Copy each line of the data below with the word "text".

*** Opening Data excerpts ***

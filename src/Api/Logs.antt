-- ===== src/Api/Logs.antt =====
-- `get_logs` of src/api/handlers.rs: the slice of the log's lines that a query asks for.
pub mod Slices
use tei_manager.Base.{
  ℕ, zero, suc, ◌+◌, ◌-◌, ◌%◌, ◌≤◌, ◌<◌, ◌≡◌, refl, String, Bool, Option, none, some, List, [], ◌∷◌,
  ◌++◌, arith, drop, take, ltb, leb, if◌then◌else◌, length, length-append,
}

-- An `i32`; `negsuc n` is -(n + 1).
pub data ℤ : Type 0 where
  pos : ℕ → ℤ
  negsuc : ℕ → ℤ

abbrev pub i32_half : ℕ
i32_half = 2147483648

abbrev u32_mod : ℕ
u32_mod = 4294967296

-- `total as i32 + s` for a negative `s`, then `max(0)`; both the conversion and the sum wrap.
pub from_end : ℕ → ℕ → ℕ
from_end total n =
    let bits = total % u32_mod in
    if ltb bits i32_half
    then bits - suc n
    else (if leb (u32_mod - bits + suc n) i32_half then 0 else bits - suc n)

pub resolve : ℕ → ℕ → Option ℤ → ℕ
resolve total default none = default
resolve total default (some (pos s)) = if leb s total then s else total
resolve total default (some (negsuc n)) = from_end total n

pub record LogsResponse : Type 0 where
  pub lines : List String
  pub start : ℕ
  pub end : ℕ
  pub total_lines : ℕ

pub select : List String → ℕ → ℕ → List String
select content start end = if ltb start end then take (end - start) (drop start content) else []

-- The answer for a log file that could be read.
pub slice_logs : List String → Option ℤ → Option ℤ → LogsResponse
slice_logs content from to =
    let total = length content in
    let start = resolve total 0 from in
    let end = resolve total total to in
    record { lines = select content start end; start = start; end = end; total_lines = total }
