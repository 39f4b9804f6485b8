-- ===== src/Api/Logs/Slices.antt =====
-- The slice that `get_logs` of src/api/handlers.rs answers, index by index.
use tei_manager.Base.{
  ℕ, zero, suc, ◌+◌, ◌-◌, ◌≤◌, ◌<◌, ◌≡◌, refl, String, Option, none, some, List, [], ◌∷◌, arith,
  ltb, if◌then◌else◌, length, drop, take,
}
use tei_manager.Api.Logs.{ℤ, pos, negsuc, i32_half, from_end, resolve, select, slice_logs}

abbrev pub get_elem? {ℓ} : {A : Type ℓ} → List A → ℕ → Option A
get_elem? [] i = none
get_elem? (x ∷ xs) zero = some x
get_elem? (x ∷ xs) (suc i) = get_elem? xs i

module _ {ℓ} {A : Type ℓ} where
  get_elem?-drop : (n : ℕ) (xs : List A) (k : ℕ) → get_elem? (drop n xs) k ≡ get_elem? xs (n + k)
  get_elem?-drop zero xs k = ground arith
  get_elem?-drop (suc n) [] k = refl
  get_elem?-drop (suc n) (x ∷ xs) k =
      let e : suc n + k ≡ suc (n + k) = omega arith in rw e (get_elem?-drop n xs k)

  get_elem?-take :
      (n : ℕ) (xs : List A) (k : ℕ)
      → get_elem? (take n xs) k ≡ (if ltb k n then get_elem? xs k else none)
  get_elem?-take zero xs k = ground arith
  get_elem?-take (suc n) [] k = ground arith
  get_elem?-take (suc n) (x ∷ xs) zero = ground arith
  get_elem?-take (suc n) (x ∷ xs) (suc k) = ground (arith, get_elem?-take n xs k)

  length-take : (n : ℕ) (xs : List A) → n ≤ length xs → length (take n xs) ≡ n
  length-take zero xs h = refl
  length-take (suc n) [] h = absurd (omega arith)
  length-take (suc n) (x ∷ xs) h = omega (arith, length-take n xs (omega arith))

  length-drop : (n : ℕ) (xs : List A) → length (drop n xs) ≡ length xs - n
  length-drop zero xs = omega arith
  length-drop (suc n) [] = omega arith
  length-drop (suc n) (x ∷ xs) = omega (arith, length-drop n xs)

-- Where a Python index points in a list of that length.
abbrev pub python_index : ℕ → ℕ → Option ℤ → ℕ
python_index total default none = default
python_index total default (some (pos s)) = if ltb s total then s else total
python_index total default (some (negsuc n)) = total - (n + 1)

resolve-python :
    (total default : ℕ) (s : Option ℤ)
    → total < i32_half
    → resolve total default s ≡ python_index total default s
unfolding resolve from_end
resolve-python total default none h = refl
resolve-python total default (some (pos s)) h = ground arith
resolve-python total default (some (negsuc n)) h = ground arith

python_index-le :
    (total default : ℕ) (s : Option ℤ) → default ≤ total → python_index total default s ≤ total
python_index-le total default none h = h
python_index-le total default (some (pos s)) h = ground arith
python_index-le total default (some (negsuc n)) h = omega arith

module _ (content : List String) (start end : ℕ) where
  length-select : end ≤ length content → length (select content start end) ≡ end - start
  unfolding select
  length-select h =
      ground (arith, length-take (end - start) (drop start content), length-drop start content)

  get_elem?-select :
      (k : ℕ)
      → get_elem? (select content start end) k
        ≡ (if ltb (start + k) end then get_elem? content (start + k) else none)
  unfolding select
  get_elem?-select k =
      ground
        (arith, get_elem?-take (end - start) (drop start content) k, get_elem?-drop start content k)

-- For a log of fewer than 2 ^ 31 lines the answer is the Python slice `content[from:to]`: its bounds
-- are the Python bounds, it has as many lines as lie between them, and its line `k` is the line
-- `start + k` of the log.
pub slice_logs-python :
    (content : List String) (from to : Option ℤ) (k : ℕ)
    → length content < i32_half
    → let out = slice_logs content from to in
      let start = python_index (length content) 0 from in
      let end = python_index (length content) (length content) to in
      (out.start ≡ start)
      × (out.end ≡ end)
      × (out.total_lines ≡ length content)
      × (length out.lines ≡ end - start)
      × (get_elem? out.lines k
          ≡ (if ltb (start + k) end then get_elem? content (start + k) else none))
unfolding slice_logs
slice_logs-python content from to k h =
    let total : ℕ = length content in
    rw (resolve-python total 0 from h, resolve-python total total to h)
      (
        refl,
        refl,
        refl,
        length-select content (python_index total 0 from) (python_index total total to)
            (python_index-le total total to (omega arith)),
        get_elem?-select content (python_index total 0 from) (python_index total total to) k,
      )
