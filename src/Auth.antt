-- ===== src/Auth.antt =====
-- src/auth/mod.rs: authentication by any of several providers. Logging is left out. The headers
-- and the metadata of a request are kept as the answers of a look-up by name.
pub mod Mtls
pub mod Providers
pub mod Service
pub mod Tests
use tei_manager.Base.{
  ℕ, String, Bool, true, false, not, ◌&&◌, Option, none, some, List, [], ◌∷◌, if◌then◌else◌, Result,
  ok, err, unwrap_or, length,
}
use tei_manager.Base.Dict.{Dict}

-- A message: a text, or a format of the source with its argument.
pub data AuthMessage : Type 0 where
  text : String → AuthMessage
  format : String → String → AuthMessage
  format_list : String → List String → AuthMessage

pub data AuthError : Type 0 where
  missing_client_cert : AuthError
  invalid_cert : AuthMessage → AuthError
  cert_verification_failed : AuthMessage → AuthError
  unauthorized : AuthMessage → AuthError
  provider_error : AuthMessage → AuthError
  internal : AuthMessage → AuthError

pub data Protocol : Type 0 where
  http grpc : Protocol

-- Bytes in DER.
abbrev pub Der : Type 0
Der = List ℕ

pub record TlsInfo : Type 0 where
  pub peer_certificate : Option Der
  pub certificate_chain : List Der
  pub tls_version : String
  pub cipher_suite : String

abbrev pub HeaderValue : Type 0
HeaderValue = List ℕ

abbrev pub HeaderMap : Type 0
HeaderMap = String → Option HeaderValue

pub record AuthRequest : Type 0 where
  pub protocol : Protocol
  pub peer_addr : String
  pub headers : Option HeaderMap
  pub metadata : Option HeaderMap
  pub tls_info : Option TlsInfo

pub record AuthResult : Type 0 where
  pub authenticated : Bool
  pub principal : Option String
  pub metadata : Dict String

-- `trait AuthProvider`, at one moment.
pub record AuthProvider : Type 0 where
  pub authenticate : AuthRequest → Result AuthError AuthResult
  pub supports_http : Bool
  pub supports_grpc : Bool
  pub name : String

pub supports : AuthProvider → Protocol → Bool
supports p Protocol.http = p.supports_http
supports p Protocol.grpc = p.supports_grpc

-- What a provider's answer is for the manager: the result, or the error to remember.
pub judge : AuthProvider → Result AuthError AuthResult → Result AuthError AuthResult
judge p (ok r) =
    if r.authenticated
    then ok r
    else err (AuthError.unauthorized (AuthMessage.format "{} authentication failed" p.name))
judge p (err e) = err e

-- The loop over the providers, with the last error.
pub try_providers : List AuthProvider → AuthRequest → Option AuthError → Result AuthError AuthResult
try_providers [] req last = err (
    unwrap_or last
      (AuthError.unauthorized (AuthMessage.text "No compatible authentication provider found")))
try_providers (p ∷ ps) req last = elim (supports p req.protocol) [
  | false ↦ try_providers ps req last
  | true ↦ elim (judge p (p.authenticate req)) [
    | ok r ↦ ok r
    | err e ↦ try_providers ps req (some e)
  ]
]

-- `AuthManager`: its providers.
pub record AuthManager : Type 0 where
  pub providers : List AuthProvider

-- `AuthManager::authenticate`.
pub authenticate : AuthManager → AuthRequest → Result AuthError AuthResult
authenticate m req = elim m.providers [
  | [] ↦ err (AuthError.internal (AuthMessage.text "No authentication providers configured"))
  | p ∷ ps ↦ try_providers m.providers req none
]

-- `AuthManager::provider_count`.
pub provider_count : AuthManager → ℕ
provider_count m = length m.providers
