-- ===== src/Auth/Service.antt =====
-- src/auth/service.rs: the middleware in front of the HTTP API. Running the next handler is the
-- answer `ok`. The decoding of headers, the reader of PEM blocks and the peer's address are arguments.
pub mod Bypass
use tei_manager.Base.{
  ℕ, String, Bool, true, false, not, Option, none, some, List, [], ◌∷◌, if◌then◌else◌, Result, ok,
  err, unwrap_or,
}
use tei_manager.Auth.{
  AuthError, AuthMessage, AuthManager, AuthRequest, AuthResult, Protocol, Der, TlsInfo, HeaderMap,
  HeaderValue, authenticate,
}

-- `HeaderValue::to_str`, `urlencoding::decode`, and the parser of PEM blocks.
pub record Decoder : Type 0 where
  pub to_str : HeaderValue → Option String
  pub url_decode : String → Option String
  pub pem_blocks : String → Result String (List Der)

-- `Option::and_then`.
abbrev then_some : {A B : Type 0} → Option A → (A → Option B) → Option B
then_some none f = none
then_some (some a) f = f a

abbrev ok_of : {E A : Type 0} → Result E A → Option A
ok_of (ok a) = some a
ok_of (err e) = none

unfoldable pub first_block : Result String (List Der) → Result AuthError Der
first_block (err e) =
    err (AuthError.internal (AuthMessage.format "Failed to parse PEM certificate: {}" e))
first_block (ok []) =
    err (AuthError.internal (AuthMessage.text "No PEM blocks found in certificate"))
first_block (ok (block ∷ blocks)) = ok block

module _ (d : Decoder) where
  header_or_unknown : HeaderMap → String → String
  header_or_unknown headers name = unwrap_or (then_some (headers name) d.to_str) "unknown"

  unfoldable pub extract_tls_info_from_headers : HeaderMap → Option TlsInfo
  unfolding header_or_unknown
  extract_tls_info_from_headers headers = then_some (headers "x-ssl-client-cert") (λ value.
      then_some (d.to_str value) (λ cert_str. then_some (d.url_decode cert_str) (λ decoded.
        then_some (ok_of (first_block (d.pem_blocks decoded))) (λ der. some (record {
          peer_certificate = some der;
          certificate_chain = [];
          tls_version = header_or_unknown headers "x-ssl-protocol";
          cipher_suite = header_or_unknown headers "x-ssl-cipher";
        })))))

  unfoldable pub http_request : String → HeaderMap → TlsInfo → AuthRequest
  http_request peer headers info = record {
    protocol = Protocol.http;
    peer_addr = peer;
    headers = some headers;
    metadata = none;
    tls_info = some info;
  }

  unfoldable pub answer : Result AuthError AuthResult → Result AuthError (Unit {0})
  answer (ok r) =
      if r.authenticated
      then ok tt
      else err (AuthError.unauthorized (AuthMessage.text "Authentication failed"))
  answer (err e) = err e

  unfoldable pub auth_middleware_with_options :
      AuthManager → Bool → String → HeaderMap → Result AuthError (Unit {0})
  auth_middleware_with_options m require_cert_headers peer headers =
      elim (extract_tls_info_from_headers headers) [
        | none ↦ if require_cert_headers then err AuthError.missing_client_cert else ok tt
        | some info ↦ answer (authenticate m (http_request peer headers info))
      ]

  pub auth_middleware : AuthManager → String → HeaderMap → Result AuthError (Unit {0})
  auth_middleware m = auth_middleware_with_options m false

-- `IntoResponse for AuthError`, by the status.
pub auth_status : AuthError → ℕ
auth_status AuthError.missing_client_cert = 401
auth_status (AuthError.invalid_cert _) = 401
auth_status (AuthError.cert_verification_failed _) = 401
auth_status (AuthError.unauthorized _) = 401
auth_status (AuthError.provider_error _) = 500
auth_status (AuthError.internal _) = 500
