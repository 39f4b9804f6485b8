-- ===== src/Api/Routes.antt =====
-- src/api/routes.rs: the routes of the HTTP API, and the authentication in front of them. How axum
-- picks a route for a request, and the handlers, are arguments; tracing and CORS are left out.
pub mod Guarded
use tei_manager.Base.{String, Bool, Option, none, some, List, [], ◌∷◌, ◌++◌, map, Result, ok, err}
use tei_manager.Auth.{AuthError, AuthManager, HeaderMap}
use tei_manager.Auth.Service.{Decoder, auth_middleware_with_options}

pub data Method : Type 0 where
  get post delete : Method

-- The functions of src/api/handlers.rs.
pub data Handler : Type 0 where
  health metrics list_instances create_instance get_instance delete_instance : Handler
  start_instance stop_instance restart_instance get_logs : Handler
  list_models add_model get_model download_model load_model : Handler

-- `.route(path, method(handler))`.
pub record Route : Type 0 where
  pub path : String
  pub method : Method
  pub handler : Handler

abbrev route : String → Method → Handler → Route
route path method handler = record { path = path; method = method; handler = handler }

unfoldable pub public_routes : List Route
public_routes =
    route "/health" Method.get Handler.health ∷ route "/metrics" Method.get Handler.metrics ∷ []

unfoldable pub protected_routes : List Route
protected_routes =
    route "/instances" Method.get Handler.list_instances
    ∷ route "/instances" Method.post Handler.create_instance
    ∷ route "/instances/{name}" Method.get Handler.get_instance
    ∷ route "/instances/{name}" Method.delete Handler.delete_instance
    ∷ route "/instances/{name}/start" Method.post Handler.start_instance
    ∷ route "/instances/{name}/stop" Method.post Handler.stop_instance
    ∷ route "/instances/{name}/restart" Method.post Handler.restart_instance
    ∷ route "/instances/{name}/logs" Method.get Handler.get_logs
    ∷ route "/models" Method.get Handler.list_models
    ∷ route "/models" Method.post Handler.add_model
    ∷ route "/models/{model_id}" Method.get Handler.get_model
    ∷ route "/models/{model_id}/download" Method.post Handler.download_model
    ∷ route "/models/{model_id}/load" Method.post Handler.load_model
    ∷ []

-- The middleware around a route: none, or the manager that it asks, and whether it requires headers.
abbrev pub Layer : Type 0
Layer = Option (AuthManager × Bool)

abbrev pub auth_layer : Option AuthManager → Bool → Layer
auth_layer none require_cert_headers = none
auth_layer (some auth) require_cert_headers = some (auth, require_cert_headers)

abbrev pub layered : Layer → List Route → List (Route × Layer)
layered layer routes = map (λ r. (r, layer)) routes

unfoldable pub create_router : Option AuthManager → Bool → List (Route × Layer)
create_router auth_manager require_cert_headers =
    layered none public_routes
    ++ layered (auth_layer auth_manager require_cert_headers) protected_routes

pub data Answer (A : Type 0) : Type 0 where
  handled : A → Answer A
  refused : AuthError → Answer A
  unrouted : Answer A

pub record Request : Type 0 where
  pub method : Method
  pub path : String
  pub peer : String
  pub headers : HeaderMap

-- `dispatch` is how axum picks the route for a request, `handle` what a handler does with the request
-- and the state.
module _ {A S : Type 0} (d : Decoder)
    (dispatch : List (Route × Layer) → Request → Option (Route × Layer))
    (handle : Handler → Request → S → A × S) where
  -- The closure that is layered around the protected routes, or nothing.
  unfoldable pub passes : Layer → Request → Result AuthError (Unit {0})
  passes none req = ok tt
  passes (some (auth, require_cert_headers)) req =
      auth_middleware_with_options d auth require_cert_headers req.peer req.headers

  abbrev pub run_handler : Handler → Request → S → Answer A × S
  run_handler handler req s = let done = handle handler req s in (handled done.0, done.1)

  unfoldable pub run_route : Route → Layer → Request → S → Answer A × S
  unfolding passes
  run_route r layer req s = elim (passes layer req) [
    | ok _ ↦ run_handler r.handler req s
    | err e ↦ (refused e, s)
  ]

  -- A request at a router.
  unfoldable pub serve : List (Route × Layer) → Request → S → Answer A × S
  unfolding run_route
  serve routes req s = elim (dispatch routes req) [
    | none ↦ (unrouted, s)
    | some (r, layer) ↦ run_route r layer req s
  ]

*** Closing Data excerpts ***

» **Solution for this task**
-- A message: a text, or a format of the source with its argument.
  text : String → AuthMessage
      (AuthError.unauthorized (AuthMessage.text "No compatible authentication provider found")))
  | [] ↦ err (AuthError.internal (AuthMessage.text "No authentication providers configured"))
    err (AuthError.internal (AuthMessage.text "No PEM blocks found in certificate"))
      else err (AuthError.unauthorized (AuthMessage.text "Authentication failed"))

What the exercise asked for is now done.